Given the historical precedence, it's not hard to imagine that the US has the ability to attempt a coup in Venezuela. But does it have the motivation? The short answer is yes. The Soviet Union may have fallen, but the rise of Communist China as a major economic power is more than enough to continue the “Red Scare” among members of the American Government. Added to that the resilience of Cuba, where Castro reportedly survived hundreds of CIA assassination attempts until his death of natural causes in 2016, stands out as a symbol that US power in Latin America, indeed across the globe, is not limitless. Venezuela’s socialist Government is perceived as a threat to American influence in a world where new generations are seriously looking at alternatives to capitalism.

Venezuela is also rich in oil. The overreliance of the country’s economy on the production and export of oil is a major contributing factor in Venezuela’s current economic difficulties. The US has earned a reputation for spreading “freedom” and “democracy” in oil-rich countries.
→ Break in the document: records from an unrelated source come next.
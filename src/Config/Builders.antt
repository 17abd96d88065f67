-- ===== src/Config/Builders.antt =====
-- src/config.rs: the builder methods of the configurations of reconnection, heartbeat and
-- backpressure.
use ws_fabric.Prelude.{ℕ, Bool, false, ◌&&◌, Option, none, some, if◌then◌else◌}
use ws_fabric.Float.{F64}
use ws_fabric.Heartbeat.{HeartbeatConfig}
use ws_fabric.Reconnect.{ReconnectConfig, default as default_reconnect}
use ws_fabric.Backpressure.{BackpressureConfig}
use ws_fabric.Config.{default_heartbeat, default_backpressure}

abbrev pub heartbeat_disabled : HeartbeatConfig
heartbeat_disabled = record default_heartbeat { enabled = false }

abbrev pub with_ping_interval : ℕ → HeartbeatConfig → HeartbeatConfig
with_ping_interval interval c = record c { ping_interval = interval }

abbrev pub with_ping_timeout : ℕ → HeartbeatConfig → HeartbeatConfig
with_ping_timeout timeout c = record c { ping_timeout = timeout }

module _ (f : F64) where
  abbrev pub reconnect_disabled : ReconnectConfig f
  reconnect_disabled = record (default_reconnect f) { enabled = false }

  abbrev pub with_max_attempts : ℕ → ReconnectConfig f → ReconnectConfig f
  with_max_attempts n c = record c { max_attempts = n }

  abbrev pub with_initial_delay : ℕ → ReconnectConfig f → ReconnectConfig f
  with_initial_delay delay c = record c { initial_delay = delay }

  abbrev pub with_max_delay : ℕ → ReconnectConfig f → ReconnectConfig f
  with_max_delay delay c = record c { max_delay = delay }

  abbrev pub with_backoff_multiplier : f.Float → ReconnectConfig f → ReconnectConfig f
  with_backoff_multiplier multiplier c = record c { backoff_multiplier = multiplier }

  abbrev pub backpressure_disabled : BackpressureConfig f
  backpressure_disabled = record (default_backpressure f) { enabled = false }

  abbrev pub with_max_buffer_size : ℕ → BackpressureConfig f → BackpressureConfig f
  with_max_buffer_size size c = record c { max_buffer_size = size }

  -- `(0.0..=1.0).contains(&threshold)`
  abbrev pub is_share : f.Float → Bool
  is_share x = f.le (f.of_ℕ 0) x && f.le x (f.of_ℕ 1)

  -- A failed `assert!` panics: `none`.
  abbrev pub with_backpressure_threshold :
      f.Float → BackpressureConfig f → Option (BackpressureConfig f)
  with_backpressure_threshold x c =
      if is_share x then some (record c { backpressure_threshold = x }) else none

  abbrev pub with_recovery_threshold :
      f.Float → BackpressureConfig f → Option (BackpressureConfig f)
  with_recovery_threshold x c =
      if is_share x then some (record c { recovery_threshold = x }) else none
The overthrow of Maduro, and the installation of a friendly leader like Guaidó, would ensure a flow of cheap oil into the US and away from America’s enemies. 

Finally, populist leaders like Donald Trump are known to use successes on the international stage to distract from their failings at home. Benito Mussolini famously diverted the Italian public's attention away from their floundering economy during World War 2 by launching a disastrous military invasion of Ethiopia. With the COVID19 pandemic ravaging the country, and facing the worst recession since the Great Depression, the current administration may have gambled on the overthrow of Maduro giving them a needed boost in the polls.

We may never know the extent of US Government involvement in the Macuto Bay raid, or if there was any serious involvement at all. What we can say at this moment in time, given the history of American involvement in foreign coups, is that it is not impossible or even unlikely that the White House was seeking a sequel to the Bay of Pigs, with a more typical Hollywood ending this time around.